During the portion of the process, the mediator will listen to both parties and ask them each questions to either obtain more information or clarify the information that was already given. Usually, the mediator will start the storytelling process by asking a broad question. For example, she may say to one of the two children who got into a fight at school, "Tell me about what happened on that day." By asking a broad question, the mediator will likely elicit a substantial amount of information from each party. As that party continues to tell his story, the mediator may begin asking narrower questions in order to clarify what exactly happened. It is also typical for the mediator to ask questions beginning with "who, what, where, when, and why."
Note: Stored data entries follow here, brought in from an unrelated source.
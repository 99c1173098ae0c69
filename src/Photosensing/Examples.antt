-- ===== src/Photosensing/Examples.antt =====
-- The day and night switch of src/modules/photosensing/photosensing_module.c at concrete inputs: an
-- evening, with numbers for the floats and the time for the world.
use strero.Prelude.{ℕ, ◌+◌, ◌≡◌, refl, Bool, true, false, some, ltb, ℤ, pos, arith, if◌then◌else◌}
use strero.Photosensing.{
  Floats, Board, Config, day_running, night_running, Mode, day, night, Sensing, is_day, is_night,
}
use strero.Photosensing.Lifecycle.{
  setup_photosensing_defaults, cleared_stats, photosensing_module_init,
}
use strero.Photosensing.Control.{control_thread}
use strero.Photosensing.Control.Counting.{Balanced, IsBalanced, control_thread-IsBalanced}
use strero.Photosensing.Control.Stuck.{control_thread-IsStuck}

abbrev counts : Floats ℕ
counts = record { zero_float = 0; less = ltb; add = ◌+◌; of_count = λ n. n; through_int = λ n. n }

-- Dark up to the tenth round, bright from there on.
abbrev evening : Board ℕ ℕ
evening = record {
  get_ev = λ w. (some (if ltb w 10 then 2000000 else 1000), w + 1);
  get_gains = λ w. (some (record { gb = 300; gr = 300 }), w);
  sample_gains = λ w. (record { gb = 100; gr = 100 }, w);
  get_running_mode = λ w. (if ltb w 10 then day_running else night_running, w);
  set_running_mode = λ m w. (pos 0, w);
  has_script = λ w. (true, w);
  system = λ command w. w;
  open_wronly = λ path w. (pos 3, w);
  open_rdwr = λ path w. (pos 3, w);
  write = λ fd text w. w;
  close = λ fd w. w;
  usleep = λ n w. w;
  mutex_init = λ w. (pos 0, w);
  mutex_destroy = λ w. w;
  create_thread = λ w. (pos 0, w);
  join_thread = λ w. (pos 0, w);
}

abbrev config_with : ℤ → Config ℕ
config_with night_state = record {
  enabled = true;
  night_iso_threshold = 1900000;
  night_count_threshold = 5;
  day_iso_threshold = 479832;
  day_gb_gain_offset = 15;
  day_gb_gain_threshold = 145;
  day_iso_secondary_threshold = 361880;
  day_count_threshold = 3;
  ircut_enabled = true;
  ircut_day_state = pos 1;
  ircut_night_state = night_state;
  ircut_gpio1 = pos 79;
  ircut_gpio2 = pos 80;
  gb_gain_record_init = 200;
  gr_gain_record_init = 200;
}

abbrev state_with : ℤ → Mode → Bool → Sensing ℕ
state_with night_state mode status = record {
  config = config_with night_state;
  initialized = false;
  running = false;
  thread_should_exit = false;
  current_mode = mode;
  ircut_status = status;
  day_count = 0;
  night_count = 0;
  gb_gain_record = 0;
  gr_gain_record = 0;
  stats = cleared_stats counts evening;
}

abbrev initialized : Sensing ℕ
initialized =
    (photosensing_module_init counts evening (some (config_with (pos 0)))
      (state_with (pos 0) day false) 0).1.0

initialized-IsBalanced : IsBalanced initialized
unfolding Balanced photosensing_module_init setup_photosensing_defaults cleared_stats is_day
    is_night
initialized-IsBalanced = (refl, refl, refl, omega arith)

-- An evening and the day after it, as the module starts.
control_thread-IsBalanced_example : IsBalanced (control_thread counts evening 20 initialized 0).0
control_thread-IsBalanced_example =
    control_thread-IsBalanced counts evening 20 initialized 0 initialized-IsBalanced

is_night_night : is_night night ≡ true
unfolding is_night
is_night_night = refl

-- A filter with the state 1 for the night.
control_thread-IsStuck_example :
    is_night (control_thread counts evening 20 (state_with (pos 1) night false) 0).0.current_mode
    ≡ true
control_thread-IsStuck_example =
    control_thread-IsStuck counts evening 20 (state_with (pos 1) night false) 0 is_night_night refl
      refl refl
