-- ===== src/RtmpServer.antt =====
-- The RTMP server, src/modules/rtmp_server/rtmp_server.c and rtmp_server.h: a connection, the
-- messages it carries, and the socket under it.
--
-- A uint8_t, uint16_t or uint32_t is a ℕ that is kept below 2^8, 2^16 or 2^32.
pub mod Socket
pub mod Chunks
pub mod Amf
pub mod Handshake
pub mod Commands
pub mod Sending
pub mod Handling
pub mod Serving
pub mod Connections
mod Examples
use strero.Prelude.{ℕ, ◌+◌, ◌*◌, ◌/◌, ◌%◌, ◌≤◌, ◌<◌, Bool, List, [], ◌∷◌, get_or, Bytes, ℤ}

-- rtmp_state_t
pub data ConnectionState : Type 0 where
  uninitialized : ConnectionState
  version_sent : ConnectionState
  ack_sent : ConnectionState
  handshake_done : ConnectionState
  connected : ConnectionState

-- rtmp_chunk_header_t
pub record ChunkHeader : Type 0 where
  pub fmt : ℕ
  pub chunk_stream_id : ℕ
  pub timestamp : ℕ
  pub message_length : ℕ
  pub message_type_id : ℕ
  pub message_stream_id : ℕ

-- rtmp_message_t: `payload` is the first `bytes_read` bytes of the allocated payload.
pub record Message : Type 0 where
  pub header : ChunkHeader
  pub payload : Bytes

-- rtmp_connection_t, without its thread, its list link, and its two byte counters, which nothing
-- uses. A string is what stands before its terminating zero.
pub record Connection : Type 0 where
  pub socket_fd : ℤ
  pub state : ConnectionState
  pub c0_s0_version : ℕ
  pub c1_s1_data : Bytes
  pub c2_s2_data : Bytes
  pub chunk_size_in : ℕ
  pub chunk_size_out : ℕ
  pub window_ack_size : ℕ
  pub app_name : Bytes
  pub stream_key : Bytes
  pub publishing : Bool
  pub thread_running : Bool

-- What recv returns: some bytes, none at the end of the stream, or an error.
pub data Received : Type 0 where
  received : Bytes → Received
  recv_failed : Received

-- What the server takes from the C library: sockets, the memory for a payload, the time and the
-- random numbers.
pub record Wire (W : Type 0) : Type 0 where
  pub recv : ℤ → ℕ → W → Received × W
  pub send : ℤ → Bytes → W → ℤ × W
  pub malloc : ℕ → W → Bool
  pub time : W → ℕ × W
  pub rand : W → ℕ × W

-- Two, three and four bytes, the highest first.
abbrev pub be16 : ℕ → Bytes
be16 n = (n / 256 % 256) ∷ (n % 256) ∷ []

abbrev pub be24 : ℕ → Bytes
be24 n = (n / 65536 % 256) ∷ (n / 256 % 256) ∷ (n % 256) ∷ []

abbrev pub be32 : ℕ → Bytes
be32 n = (n / 16777216 % 256) ∷ be24 n

-- Four bytes, the lowest first.
abbrev pub le32 : ℕ → Bytes
le32 n = (n % 256) ∷ (n / 256 % 256) ∷ (n / 65536 % 256) ∷ (n / 16777216 % 256) ∷ []

-- The number in the bytes from position `i` on.
abbrev pub read_be16 : Bytes → ℕ → ℕ
read_be16 bs i = get_or bs i 0 * 256 + get_or bs (i + 1) 0

abbrev pub read_be24 : Bytes → ℕ → ℕ
read_be24 bs i = read_be16 bs i * 256 + get_or bs (i + 2) 0

abbrev pub read_be32 : Bytes → ℕ → ℕ
read_be32 bs i = read_be24 bs i * 256 + get_or bs (i + 3) 0

abbrev pub read_le32 : Bytes → ℕ → ℕ
read_le32 bs i =
    get_or bs i 0
    + get_or bs (i + 1) 0 * 256
    + get_or bs (i + 2) 0 * 65536
    + get_or bs (i + 3) 0 * 16777216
Next, let’s take a look at Step 3 and 4 in the mediation process.


Steps 3 and 4

Step 3 - Issue Identification


During this stage of the process that the mediator outlines the issues that she sees based on the information presented by the parties during the “Storytelling” phase. By hearing each party’s side to the story, the mediator is able to narrow that information down to what appears to be the underlying issues surrounding those particular circumstances. More often than not, the issues that caused the parties to have conflict with one another are much deeper than the actual incident that sent them to mediation in the first place. For example, a fight between two teenage girls is often much more than just two girls who wanted to start beating on each other. By uncovering these issues, the parties can focus on solutions to address and hopefully alleviate underlying problems.

Step 4 - Brainstorming


The parties, with some guidance from the mediator, brainstorm as many possible solutions as they can to address the underlying issues that were outlined in the previous phase. It is important to put all ideas on the table in order to generate as many solutions as possible. This phase helps to show why the previous "Issue Identification" phase was so important. By focusing on the underlying issues, the parties are able to focus on specific solutions that will help them remedy the problems that brought them to mediation in the first place.

Next, let’s take a look at Step 5 and 6 in the mediation process.


Steps 5 and 6

Step 5 - Resolution


The mediator helps the parties determine what the most realistic alternatives will be in order to resolve the issues. It is here that the mediator directs the parties to consider all of the possible solutions they generated during the "Brainstorming" phase. By examining these solutions, the parties can then determine the specific solutions that will work best for them. The parties know themselves better than a third-party neutral, so it makes the most sense that they should be the ones who come up with a plan to assist in fixing the problem that warranted mediation in the first place.

Step 6 - Conclusion


During this portion of the process, the mediator takes the solutions that the parties agreed upon and memorializes them into a Mediation Agreement. The Mediation Agreement is the document that is essentially generated by the parties after the mediation process has been facilitated. The Mediation Agreement will be signed and dated by all parties to the mediation. Each party will get a copy of the Mediation Agreement, so they will be able to clearly see and remember the solutions that they generated. Once the Mediation Agreement has been drafted and signed, the mediator will often thank the parties for their cooperation, and congratulate them on a job well-done.

Finally, let’s take look at some main points to remember from this article.


Conclusion

In this article, we’ve learned that mediation is a form of alternative dispute resolution where the parties are in control of the outcome. It is a voluntary process that is facilitated by a mediator, or a third-party neutral who is appointed by the court to help resolve the issues that put the parties in this position in the first place.

We’ve learned that the main reason that mediation is used in cases is because it allows the parties to constructively voice their opinions, needs, and concerns, and promotes calm, rational thinking. It is through this process that the parties are able to come to an agreement that is created by them and them alone. In other words, mediation empowers the affected parties to use critical thinking skills to generate a solution that is acceptable to everyone.